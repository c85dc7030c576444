-- ===== src/Disconnect/Gone.antt =====
-- A session that has ended, and one that is asked to end.
use Prim.Native.Nat.{ℕ}
use beta.Base.{
  Bool, false, none, List, [], ◌∷◌, ◌++◌, Text, if◌then◌else◌, nat_equal, ◌≡◌, ◌≢◌, refl, arith,
  ◌∙◌,
}
use beta.Base.Map
use beta.Base.Map.{Map}
use beta.Events.{disconnected}
use beta.Engine.{Engine, Session, AudioKey, update, update_state, push_event}
use beta.Disconnect.{
  any_connected, any_session_listening, set_offline, close_channel, close_output, remove_session,
  drop_session_audio, drop_key, drop_keys, keys_of, refresh_active_client_snapshot,
  finalize_disconnect,
}

module _ {Tx : Type 0} where
  -- What the audio tables lose concerns neither sessions nor events nor the output.
  drop_keys_keeps :
      (e : Engine Tx) (ks : List AudioKey)
      → ((drop_keys e ks).sessions ≡ e.sessions)
        × ((drop_keys e ks).event_queue ≡ e.event_queue)
        × ((drop_keys e ks).output_stream ≡ e.output_stream)
  unfolding drop_keys drop_key
  drop_keys_keeps e [] = (refl, refl, refl)
  drop_keys_keeps e (k ∷ ks) = drop_keys_keeps (drop_key e k) ks

  Kept : Engine Tx → Engine Tx → Type 0
  Kept e e' =
      (e'.sessions ≡ e.sessions)
      × (e'.event_queue ≡ e.event_queue)
      × (e'.output_stream ≡ e.output_stream)

  drop_session_audio-Kept : (e : Engine Tx) (conn_id : ℕ) → Kept e (drop_session_audio e conn_id)
  unfolding Kept drop_session_audio refresh_active_client_snapshot
  drop_session_audio-Kept e conn_id = drop_keys_keeps e (keys_of conn_id e.client_buffers)

  close_output_lem :
      (e : Engine Tx)
      → ((close_output e).sessions ≡ e.sessions)
        × ((close_output e).event_queue ≡ e.event_queue)
        × ((close_output e).output_stream
            ≡ (if any_connected e.sessions then e.output_stream else false))
  unfolding close_output any_session_listening
  close_output_lem e = ground arith

  any-offline :
      (id : ℕ) (m : Map ℕ (Session Tx))
      → any_connected (
          Map.adjust id close_channel
            (Map.adjust id (λ s. record s { state = set_offline s.state }) m))
        ≡ any_connected (Map.remove id m)
  unfolding any_connected close_channel set_offline
  any-offline id [] = refl
  any-offline id ((j, s) ∷ m) = ground (arith, any-offline id m)

  module _ (e : Engine Tx) (conn_id : ℕ) (reason : Text) (expected : Bool) where
    offline : Engine Tx
    offline =
        update
          (push_event (update_state e conn_id set_offline) conn_id (disconnected reason expected))
          conn_id close_channel

    -- Afterwards there is no such session, every other one is as it was, the last event tells the
    -- end with its reason, and the output stays open exactly where another session is connected.
    pub finalize_disconnect_lem :
        let e' = finalize_disconnect e conn_id reason expected in
        (Map.get conn_id e'.sessions ≡ none)
        × ((other : ℕ) → other ≢ conn_id → Map.get other e'.sessions ≡ Map.get other e.sessions)
        × (e'.event_queue
            ≡ e.event_queue
              ++ record { connection_id = conn_id; event = disconnected reason expected } ∷ [])
        × (e'.output_stream
            ≡ (if any_connected (Map.remove conn_id e.sessions) then e.output_stream else false))
    unfolding finalize_disconnect remove_session push_event offline Kept
    finalize_disconnect_lem =
        let kept = drop_session_audio-Kept offline conn_id in
        let closed = close_output_lem (drop_session_audio offline conn_id) in
        let mid : Map ℕ (Session Tx) =
          Map.adjust conn_id (λ s. record s { state = set_offline s.state }) e.sessions in
        (
          ground (
            arith,
            Map.get-remove conn_id conn_id
                (close_output (drop_session_audio offline conn_id)).sessions,
            nat_equal.test_iff conn_id conn_id,
          ),
          λ other differs. ground (
            arith,
            differs,
            Map.get-remove conn_id other
                (close_output (drop_session_audio offline conn_id)).sessions,
            closed.0,
            kept.0,
            Map.get-adjust conn_id other close_channel mid,
            Map.get-adjust conn_id other (λ s. record s { state = set_offline s.state }) e.sessions,
            nat_equal.test_iff conn_id other,
          ),
          closed.1 ∙ kept.1,
          rw (closed.2, kept.0, kept.2, any-offline conn_id e.sessions) refl,
        )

----------------------------------------

▶ **EXERCISE**:
Transcribe the material above. Change nothing in it.

▶ **EXERCISE OUTPUT**:
repository c85dc7030c576444
-- ===== src/Disconnect/Gone.antt =====
-- A session that has ended, and one that is asked to end.
use Prim.Native.Nat.{ℕ}
use beta.Base.{
  Bool, false, none, List, [], ◌∷◌, ◌++◌, Text, if◌then◌else◌, nat_equal, ◌≡◌, ◌≢◌, refl, arith,
  ◌∙◌,
}
use beta.Base.Map
use beta.Base.Map.{Map}
use beta.Events.{disconnected}
use beta.Engine.{Engine, Session, AudioKey, update, update_state, push_event}
use beta.Disconnect.{
  any_connected, any_session_listening, set_offline, close_channel, close_output, remove_session,
  drop_session_audio, drop_key, drop_keys, keys_of, refresh_active_client_snapshot,
  finalize_disconnect,
}

module _ {Tx : Type 0} where
  -- What the audio tables lose concerns neither sessions nor events nor the output.
  drop_keys_keeps :
      (e : Engine Tx) (ks : List AudioKey)
      → ((drop_keys e ks).sessions ≡ e.sessions)
        × ((drop_keys e ks).event_queue ≡ e.event_queue)
        × ((drop_keys e ks).output_stream ≡ e.output_stream)
  unfolding drop_keys drop_key
  drop_keys_keeps e [] = (refl, refl, refl)
  drop_keys_keeps e (k ∷ ks) = drop_keys_keeps (drop_key e k) ks

  Kept : Engine Tx → Engine Tx → Type 0
  Kept e e' =
      (e'.sessions ≡ e.sessions)
      × (e'.event_queue ≡ e.event_queue)
      × (e'.output_stream ≡ e.output_stream)

  drop_session_audio-Kept : (e : Engine Tx) (conn_id : ℕ) → Kept e (drop_session_audio e conn_id)
  unfolding Kept drop_session_audio refresh_active_client_snapshot
  drop_session_audio-Kept e conn_id = drop_keys_keeps e (keys_of conn_id e.client_buffers)

  close_output_lem :
      (e : Engine Tx)
      → ((close_output e).sessions ≡ e.sessions)
        × ((close_output e).event_queue ≡ e.event_queue)
        × ((close_output e).output_stream
            ≡ (if any_connected e.sessions then e.output_stream else false))
  unfolding close_output any_session_listening
  close_output_lem e = ground arith

  any-offline :
      (id : ℕ) (m : Map ℕ (Session Tx))
      → any_connected (
          Map.adjust id close_channel
            (Map.adjust id (λ s. record s { state = set_offline s.state }) m))
        ≡ any_connected (Map.remove id m)
  unfolding any_connected close_channel set_offline
  any-offline id [] = refl
  any-offline id ((j, s) ∷ m) = ground (arith, any-offline id m)

  module _ (e : Engine Tx) (conn_id : ℕ) (reason : Text) (expected : Bool) where
    offline : Engine Tx
    offline =
        update
          (push_event (update_state e conn_id set_offline) conn_id (disconnected reason expected))
          conn_id close_channel

    -- Afterwards there is no such session, every other one is as it was, the last event tells the
    -- end with its reason, and the output stays open exactly where another session is connected.
    pub finalize_disconnect_lem :
        let e' = finalize_disconnect e conn_id reason expected in
        (Map.get conn_id e'.sessions ≡ none)
        × ((other : ℕ) → other ≢ conn_id → Map.get other e'.sessions ≡ Map.get other e.sessions)
        × (e'.event_queue
            ≡ e.event_queue
              ++ record { connection_id = conn_id; event = disconnected reason expected } ∷ [])
        × (e'.output_stream
            ≡ (if any_connected (Map.remove conn_id e.sessions) then e.output_stream else false))
    unfolding finalize_disconnect remove_session push_event offline Kept
    finalize_disconnect_lem =
        let kept = drop_session_audio-Kept offline conn_id in
        let closed = close_output_lem (drop_session_audio offline conn_id) in
        let mid : Map ℕ (Session Tx) =
          Map.adjust conn_id (λ s. record s { state = set_offline s.state }) e.sessions in
        (
          ground (
            arith,
            Map.get-remove conn_id conn_id
                (close_output (drop_session_audio offline conn_id)).sessions,
            nat_equal.test_iff conn_id conn_id,
          ),
          λ other differs. ground (
            arith,
            differs,
            Map.get-remove conn_id other
                (close_output (drop_session_audio offline conn_id)).sessions,
            closed.0,
            kept.0,
            Map.get-adjust conn_id other close_channel mid,
            Map.get-adjust conn_id other (λ s. record s { state = set_offline s.state }) e.sessions,
            nat_equal.test_iff conn_id other,
          ),
          closed.1 ∙ kept.1,
          rw (closed.2, kept.0, kept.2, any-offline conn_id e.sessions) refl,
        )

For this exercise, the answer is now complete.